As an RTO, PJM sets all of the reserve and reliability requirements within the grid operation. Rather than the transmission owners, we are actually legally responsible to the federal government for reliability coordination.

PJM also administers the transmission tariff charges when someone wants to purchase the right to access the transmission grid. Instead of the previous wheeling-type contracts for transmission use, there is now an access fee called a "license plate tariff." As part of the other functions of administering the tariff, we also require transmission owners to coordinate their switching operations through us in order to schedule outages and maintenance on the transmission lines.

PJM does real-time security analysis, day-ahead security analysis, and deployment of voltage control devices on the transmission grid. The transmission owners get the rates approved by the regulators, and they also do distribution system-level operation, in contrast to wholesale marketers or regional grid operators.
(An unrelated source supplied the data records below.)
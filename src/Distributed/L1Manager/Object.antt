-- ===== src/Distributed/L1Manager/Object.antt =====
-- The life of one object, as the methods of L1Manager move it: what a round of each loop does to
-- the entry of its key and reports on it. An entry is `none` while the key is not in the cache.
use serverless_lmcache.Common.{ℕ, Bool, not, ◌&&◌, ◌||◌, if◌then◌else◌, Option, none, some, arith}
use serverless_lmcache.Common.Dict.{get-insert, get-erase}
use serverless_lmcache.Distributed.Error.{
  L1Error, success, key_not_exist, key_not_readable, key_not_writable, key_in_wrong_state,
  key_is_locked,
}
use serverless_lmcache.Distributed.TtlLock.{is_locked, lock, unlock}
use serverless_lmcache.Distributed.L1Manager.{
  L1ObjectState, available_for_read, available_for_write, L1OperationResult,
}
use serverless_lmcache.Distributed.L1Manager.Read.{reserve_read_key, finish_read_key, leave_key}
use serverless_lmcache.Distributed.L1Manager.Write.{
  Mode, is_new, reserve_write_key, finish_write_key,
}
use serverless_lmcache.Distributed.L1Manager.Remove.{delete_key}
use serverless_lmcache.Distributed.L1Manager.Loops.{IsLocal}

abbrev pub Entry : Type 0 → Type 0
Entry M = Option (L1ObjectState M)

module _ {M : Type 0} (now : ℕ) where
  abbrev pub reserve_read_act : Entry M → Entry M
  reserve_read_act none = none
  reserve_read_act (some e) =
      if available_for_read now e
      then some (record e { read_lock = lock now e.read_lock })
      else some e

  abbrev pub reserve_read_reply : Entry M → L1OperationResult M
  reserve_read_reply none = (key_not_exist, none)
  reserve_read_reply (some e) =
      if available_for_read now e then (success, some e.memory_obj) else (key_not_readable, none)

  -- The last reader takes a temporary object away.
  abbrev pub finish_read_act : Entry M → Entry M
  finish_read_act none = none
  finish_read_act (some e) =
      if not (is_locked now e.write_lock) && is_locked now e.read_lock
      then (if e.is_temporary && not (is_locked now (unlock e.read_lock))
          then none
          else some (record e { read_lock = unlock e.read_lock }))
      else some e

  abbrev pub finish_read_reply : Entry M → L1Error
  finish_read_reply none = key_not_exist
  finish_read_reply (some e) =
      if not (is_locked now e.write_lock) && is_locked now e.read_lock
      then success
      else key_in_wrong_state

  abbrev pub reserve_write_act : Mode → Entry M → Entry M
  reserve_write_act mode none = none
  reserve_write_act mode (some e) =
      if not (is_new mode) && available_for_write now e
      then some (record e { write_lock = lock now e.write_lock })
      else some e

  abbrev pub reserve_write_reply :
      Mode → Entry M → Option (L1OperationResult M) → Option (L1OperationResult M)
  reserve_write_reply mode none r = r
  reserve_write_reply mode (some e) r = some (
      if not (is_new mode) && available_for_write now e
      then (success, some e.memory_obj)
      else (key_not_writable, none))

  abbrev pub finish_write_act : Entry M → Entry M
  finish_write_act none = none
  finish_write_act (some e) =
      if is_locked now e.write_lock && not (is_locked now e.read_lock)
      then some (record e { write_lock = unlock e.write_lock })
      else some e

  abbrev pub finish_write_reply : Entry M → L1Error
  finish_write_reply none = key_not_exist
  finish_write_reply (some e) =
      if is_locked now e.write_lock && not (is_locked now e.read_lock)
      then success
      else key_in_wrong_state

  abbrev pub delete_act : Entry M → Entry M
  delete_act none = none
  delete_act (some e) =
      if is_locked now e.read_lock || is_locked now e.write_lock then some e else none

  abbrev pub delete_reply : Entry M → L1Error
  delete_reply none = key_not_exist
  delete_reply (some e) =
      if is_locked now e.read_lock || is_locked now e.write_lock then key_is_locked else success

module _ {K M : Type 0} (dec : Discrete K) (now : ℕ) where
  pub reserve_read-IsLocal :
      IsLocal {M = M} dec
        (λ (k : K). k)
        (reserve_read_act now)
        (λ e _. some (reserve_read_reply now e))
        (reserve_read_key dec now)
  unfolding reserve_read_key
  reserve_read-IsLocal = record {
    objects = λ x j s. grind (arith, get-insert);
    ret = λ x j s. grind (arith, get-insert);
  }

  pub finish_read-IsLocal :
      IsLocal {M = M} dec
        (λ (k : K). k)
        (finish_read_act now)
        (λ e _. some (finish_read_reply now e))
        (finish_read_key dec now)
  unfolding finish_read_key leave_key
  finish_read-IsLocal = record {
    objects = λ x j s. grind (arith, get-insert, get-erase);
    ret = λ x j s. grind (arith, get-insert);
  }

  pub reserve_write-IsLocal :
      (mode : Mode)
      → IsLocal {M = M} dec
          (λ (p : K × Bool). p.0)
          (reserve_write_act now mode)
          (reserve_write_reply now mode)
          (reserve_write_key dec now mode)
  unfolding reserve_write_key
  reserve_write-IsLocal mode = record {
    objects = λ x j s. grind (arith, get-insert);
    ret = λ x j s. grind (arith, get-insert);
  }

  pub finish_write-IsLocal :
      IsLocal {M = M} dec
        (λ (k : K). k)
        (finish_write_act now)
        (λ e _. some (finish_write_reply now e))
        (finish_write_key dec now)
  unfolding finish_write_key
  finish_write-IsLocal = record {
    objects = λ x j s. grind (arith, get-insert);
    ret = λ x j s. grind (arith, get-insert);
  }

  pub delete-IsLocal :
      IsLocal {M = M} dec
        (λ (k : K). k)
        (delete_act now)
        (λ e _. some (delete_reply now e))
        (delete_key dec now)
  unfolding delete_key
  delete-IsLocal = record {
    objects = λ x j s. grind (arith, get-insert, get-erase);
    ret = λ x j s. grind (arith, get-insert);
  }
The best way to describe PJM's relationship with the other two main market actors--the load serving entity and the generation owner--is that PJM does the reliability part of load balancing and generation scheduling to ensure balance both on the day-ahead and during the operating day. The load-serving entity enters into both long-term and short-term contracts to ensure generation services but not for reliability. While the load-serving entity has a responsibility to follow the reliability instructions, it operates within a profit-motivated market as does the generation owner. The power pool is a voluntary one. Generation owners can decide whether they want to self-schedule or offer into the market and allow us to dispatch it. This decision will depend on their commercial position. But since we have all of the information about system operations, very seldom do they self-schedule because they can make more money by scheduling through the market.

I would now like to compare the PJM locational price model to other ones. The fundamental difference between the three models is the perspective from which the market operations and the systems operation were built. For a locational pricing model, the primary focus was maximizing the operational efficiency of the grid. Regional operations are combined, so all of the transmission is within one market and under one security analysis and one control area, etc. Because the market under this type of model is more complex, there is five-minute pricing as well as a day-ahead forward market, which is an hourly market. Every substation has a price driven by the balancing of the energy component, supply, and demand. There is also a congestion component representing the cost of controlling congestion and a component representing the cost of losses on the transmission system.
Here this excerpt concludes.